**Your objective**. Would you retype every entry that follows without altering a word?

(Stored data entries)
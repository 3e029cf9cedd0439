-- ===== src/Handler/Routes.antt =====
-- The handlers of the requests that change something (corebanking/handler.go,
-- handler_account_controls.go and handler_reconciliation.go): the institution of the caller, the
-- body, and the call of the service. A path gives UUIDs as texts.
use lenz.Prelude.{String, Bool, Option, List}
use lenz.Model.{
  Account, AccountHold, Transfer, ReconciliationItem, ExternalNameEnquiryResult,
  ExternalOutboundTransferResult, ExternalTransferRequeryResult,
}
use lenz.Tx.{Result, ok, err, Principal}
use lenz.Provider.{TransferProvider}
use lenz.Service.Action.{Action, stop, transact}
use lenz.Service.Money.{internal_credit, internal_debit, internal_transfer, request_reversal}
use lenz.Service.Controls.{
  freeze_account, unfreeze_account, activate_post_no_debit, deactivate_post_no_debit,
  request_account_lien, request_lien_release,
}
use lenz.Service.Reads.{mark_item_reviewed}
use lenz.Service.External as External
use lenz.Service.External.Outbound as Outbound
use lenz.Service.External.Requery as Requery
use lenz.Handler.{institution_scope}
use lenz.Handler.Bodies.{
  InternalCreditRequest, InternalDebitRequest, InternalTransferRequest, ExternalNameEnquiryRequest,
  ExternalOutboundTransferRequest, ExternalTransferRequeryRequest, AccountControlRequest,
  AccountLienRequest, ReleaseLienRequest, MarkReconciliationItemReviewedRequest,
}
use lenz.Handler.Binding.{
  bind_internal_credit_request, bind_internal_debit_request, bind_internal_transfer_request,
  bind_external_name_enquiry_request, bind_external_outbound_transfer_request,
  bind_external_transfer_requery_request,
}
use lenz.Handler.Controls.{
  bind_account_control_request, bind_account_lien_request, bind_release_lien_request,
  bind_mark_reviewed_request,
}

-- `if err != nil { return nil, err }`
abbrev pub run : {S A B : Type 0} → Result A → (A → Action S B) → Action S B
run (ok a) f = f a
run (err e) f = stop e

module _ {S Payload : Type 0} (is_uuid : String → Bool)
    (providers : List (String × TransferProvider S Payload)) (caller : Option Principal)
    (header : Option String) where
  -- The first lines of each handler.
  abbrev scoped : {B : Type 0} → (String → Action S B) → Action S B
  scoped = run (institution_scope caller header)

  -- `CreateInternalCredit`
  unfoldable pub create_internal_credit : Option InternalCreditRequest → Action S Transfer
  unfolding bind_internal_credit_request internal_credit
  create_internal_credit body = scoped λ i.
      run (bind_internal_credit_request i body) λ input. transact (internal_credit is_uuid input)

  -- `CreateInternalDebit`
  unfoldable pub create_internal_debit : Option InternalDebitRequest → Action S Transfer
  unfolding bind_internal_debit_request internal_debit
  create_internal_debit body =
      scoped λ i.
        run (bind_internal_debit_request i body) λ input. transact (internal_debit is_uuid input)

  -- `CreateInternalTransfer`
  unfoldable pub create_internal_transfer : Option InternalTransferRequest → Action S Transfer
  unfolding bind_internal_transfer_request internal_transfer
  create_internal_transfer body = scoped λ i.
      run (bind_internal_transfer_request i body)
        λ input. transact (internal_transfer is_uuid input)

  -- `ExternalNameEnquiry`
  unfoldable pub external_name_enquiry :
      Option ExternalNameEnquiryRequest → Action S ExternalNameEnquiryResult
  unfolding bind_external_name_enquiry_request External.external_name_enquiry
  external_name_enquiry body = scoped λ i.
      run (bind_external_name_enquiry_request i body)
        λ input. External.external_name_enquiry providers input

  -- `ExternalOutboundTransfer`
  unfoldable pub external_outbound_transfer :
      Option ExternalOutboundTransferRequest → Action S ExternalOutboundTransferResult
  unfolding bind_external_outbound_transfer_request Outbound.external_outbound_transfer
  external_outbound_transfer body = scoped λ i.
      run (bind_external_outbound_transfer_request i body)
        λ input. Outbound.external_outbound_transfer is_uuid providers input

  -- `ExternalTransferRequery`
  unfoldable pub external_transfer_requery :
      String → Option ExternalTransferRequeryRequest → Action S ExternalTransferRequeryResult
  unfolding bind_external_transfer_requery_request Requery.external_transfer_requery
  external_transfer_requery transfer_id body = scoped λ i.
      run (bind_external_transfer_requery_request i transfer_id body)
        λ input. Requery.external_transfer_requery is_uuid providers input

  -- `ReverseTransfer`
  unfoldable pub reverse_transfer : String → String → Action S Transfer
  unfolding request_reversal
  reverse_transfer transfer_id idempotency_key =
      scoped λ i. transact (request_reversal is_uuid i transfer_id idempotency_key)

  -- `FreezeAccount`
  unfoldable pub freeze : String → Option AccountControlRequest → Action S Account
  unfolding bind_account_control_request freeze_account
  freeze account_id body = scoped λ i.
      run (bind_account_control_request i account_id body)
        λ input. transact (freeze_account is_uuid input)

  -- `UnfreezeAccount`
  unfoldable pub unfreeze : String → Option AccountControlRequest → Action S Account
  unfolding bind_account_control_request unfreeze_account
  unfreeze account_id body = scoped λ i.
      run (bind_account_control_request i account_id body)
        λ input. transact (unfreeze_account is_uuid input)

  -- `ActivatePostNoDebit`
  unfoldable pub activate : String → Option AccountControlRequest → Action S Account
  unfolding bind_account_control_request activate_post_no_debit
  activate account_id body = scoped λ i.
      run (bind_account_control_request i account_id body)
        λ input. transact (activate_post_no_debit is_uuid input)

  -- `DeactivatePostNoDebit`
  unfoldable pub deactivate : String → Option AccountControlRequest → Action S Account
  unfolding bind_account_control_request deactivate_post_no_debit
  deactivate account_id body = scoped λ i.
      run (bind_account_control_request i account_id body)
        λ input. transact (deactivate_post_no_debit is_uuid input)

  -- `PlaceAccountLien`
  unfoldable pub place_account_lien : String → Option AccountLienRequest → Action S AccountHold
  unfolding bind_account_lien_request request_account_lien
  place_account_lien account_id body = scoped λ i.
      run (bind_account_lien_request i account_id body)
        λ input. transact (request_account_lien is_uuid input)

  -- `ReleaseAccountLien`
  unfoldable pub release_account_lien :
      String → String → Option ReleaseLienRequest → Action S AccountHold
  unfolding bind_release_lien_request request_lien_release
  release_account_lien account_id lien_id body = scoped λ i.
      run (bind_release_lien_request i account_id lien_id body)
        λ input. transact (request_lien_release is_uuid input)

  -- `MarkReconciliationItemReviewed`
  unfoldable pub mark_reviewed :
      String → Option MarkReconciliationItemReviewedRequest → Action S ReconciliationItem
  unfolding bind_mark_reviewed_request mark_item_reviewed
  mark_reviewed transfer_id body = scoped λ i.
      run (bind_mark_reviewed_request i transfer_id body)
        λ input. transact (mark_item_reviewed is_uuid input)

**Solution**.
repository 3e029cf9cedd0439
-- ===== src/Handler/Routes.antt =====
-- The handlers of the requests that change something (corebanking/handler.go,
-- handler_account_controls.go and handler_reconciliation.go): the institution of the caller, the
-- body, and the call of the service. A path gives UUIDs as texts.
use lenz.Prelude.{String, Bool, Option, List}
use lenz.Model.{
  Account, AccountHold, Transfer, ReconciliationItem, ExternalNameEnquiryResult,
  ExternalOutboundTransferResult, ExternalTransferRequeryResult,
}
use lenz.Tx.{Result, ok, err, Principal}
use lenz.Provider.{TransferProvider}
use lenz.Service.Action.{Action, stop, transact}
use lenz.Service.Money.{internal_credit, internal_debit, internal_transfer, request_reversal}
use lenz.Service.Controls.{
  freeze_account, unfreeze_account, activate_post_no_debit, deactivate_post_no_debit,
  request_account_lien, request_lien_release,
}
use lenz.Service.Reads.{mark_item_reviewed}
use lenz.Service.External as External
use lenz.Service.External.Outbound as Outbound
use lenz.Service.External.Requery as Requery
use lenz.Handler.{institution_scope}
use lenz.Handler.Bodies.{
  InternalCreditRequest, InternalDebitRequest, InternalTransferRequest, ExternalNameEnquiryRequest,
  ExternalOutboundTransferRequest, ExternalTransferRequeryRequest, AccountControlRequest,
  AccountLienRequest, ReleaseLienRequest, MarkReconciliationItemReviewedRequest,
}
use lenz.Handler.Binding.{
  bind_internal_credit_request, bind_internal_debit_request, bind_internal_transfer_request,
  bind_external_name_enquiry_request, bind_external_outbound_transfer_request,
  bind_external_transfer_requery_request,
}
use lenz.Handler.Controls.{
  bind_account_control_request, bind_account_lien_request, bind_release_lien_request,
  bind_mark_reviewed_request,
}

-- `if err != nil { return nil, err }`
abbrev pub run : {S A B : Type 0} → Result A → (A → Action S B) → Action S B
run (ok a) f = f a
run (err e) f = stop e

module _ {S Payload : Type 0} (is_uuid : String → Bool)
    (providers : List (String × TransferProvider S Payload)) (caller : Option Principal)
    (header : Option String) where
  -- The first lines of each handler.
  abbrev scoped : {B : Type 0} → (String → Action S B) → Action S B
  scoped = run (institution_scope caller header)

  -- `CreateInternalCredit`
  unfoldable pub create_internal_credit : Option InternalCreditRequest → Action S Transfer
  unfolding bind_internal_credit_request internal_credit
  create_internal_credit body = scoped λ i.
      run (bind_internal_credit_request i body) λ input. transact (internal_credit is_uuid input)

  -- `CreateInternalDebit`
  unfoldable pub create_internal_debit : Option InternalDebitRequest → Action S Transfer
  unfolding bind_internal_debit_request internal_debit
  create_internal_debit body =
      scoped λ i.
        run (bind_internal_debit_request i body) λ input. transact (internal_debit is_uuid input)

  -- `CreateInternalTransfer`
  unfoldable pub create_internal_transfer : Option InternalTransferRequest → Action S Transfer
  unfolding bind_internal_transfer_request internal_transfer
  create_internal_transfer body = scoped λ i.
      run (bind_internal_transfer_request i body)
        λ input. transact (internal_transfer is_uuid input)

  -- `ExternalNameEnquiry`
  unfoldable pub external_name_enquiry :
      Option ExternalNameEnquiryRequest → Action S ExternalNameEnquiryResult
  unfolding bind_external_name_enquiry_request External.external_name_enquiry
  external_name_enquiry body = scoped λ i.
      run (bind_external_name_enquiry_request i body)
        λ input. External.external_name_enquiry providers input

  -- `ExternalOutboundTransfer`
  unfoldable pub external_outbound_transfer :
      Option ExternalOutboundTransferRequest → Action S ExternalOutboundTransferResult
  unfolding bind_external_outbound_transfer_request Outbound.external_outbound_transfer
  external_outbound_transfer body = scoped λ i.
      run (bind_external_outbound_transfer_request i body)
        λ input. Outbound.external_outbound_transfer is_uuid providers input

  -- `ExternalTransferRequery`
  unfoldable pub external_transfer_requery :
      String → Option ExternalTransferRequeryRequest → Action S ExternalTransferRequeryResult
  unfolding bind_external_transfer_requery_request Requery.external_transfer_requery
  external_transfer_requery transfer_id body = scoped λ i.
      run (bind_external_transfer_requery_request i transfer_id body)
        λ input. Requery.external_transfer_requery is_uuid providers input

  -- `ReverseTransfer`
  unfoldable pub reverse_transfer : String → String → Action S Transfer
  unfolding request_reversal
  reverse_transfer transfer_id idempotency_key =
      scoped λ i. transact (request_reversal is_uuid i transfer_id idempotency_key)

  -- `FreezeAccount`
  unfoldable pub freeze : String → Option AccountControlRequest → Action S Account
  unfolding bind_account_control_request freeze_account
  freeze account_id body = scoped λ i.
      run (bind_account_control_request i account_id body)
        λ input. transact (freeze_account is_uuid input)

  -- `UnfreezeAccount`
  unfoldable pub unfreeze : String → Option AccountControlRequest → Action S Account
  unfolding bind_account_control_request unfreeze_account
  unfreeze account_id body = scoped λ i.
      run (bind_account_control_request i account_id body)
        λ input. transact (unfreeze_account is_uuid input)

  -- `ActivatePostNoDebit`
  unfoldable pub activate : String → Option AccountControlRequest → Action S Account
  unfolding bind_account_control_request activate_post_no_debit
  activate account_id body = scoped λ i.
      run (bind_account_control_request i account_id body)
        λ input. transact (activate_post_no_debit is_uuid input)

  -- `DeactivatePostNoDebit`
  unfoldable pub deactivate : String → Option AccountControlRequest → Action S Account
  unfolding bind_account_control_request deactivate_post_no_debit
  deactivate account_id body = scoped λ i.
      run (bind_account_control_request i account_id body)
        λ input. transact (deactivate_post_no_debit is_uuid input)

  -- `PlaceAccountLien`
  unfoldable pub place_account_lien : String → Option AccountLienRequest → Action S AccountHold
  unfolding bind_account_lien_request request_account_lien
  place_account_lien account_id body = scoped λ i.
      run (bind_account_lien_request i account_id body)
        λ input. transact (request_account_lien is_uuid input)

  -- `ReleaseAccountLien`
  unfoldable pub release_account_lien :
      String → String → Option ReleaseLienRequest → Action S AccountHold
  unfolding bind_release_lien_request request_lien_release
  release_account_lien account_id lien_id body = scoped λ i.
      run (bind_release_lien_request i account_id lien_id body)
        λ input. transact (request_lien_release is_uuid input)

  -- `MarkReconciliationItemReviewed`
  unfoldable pub mark_reviewed :
      String → Option MarkReconciliationItemReviewedRequest → Action S ReconciliationItem
  unfolding bind_mark_reviewed_request mark_item_reviewed
  mark_reviewed transfer_id body = scoped λ i.
      run (bind_mark_reviewed_request i transfer_id body)
        λ input. transact (mark_item_reviewed is_uuid input)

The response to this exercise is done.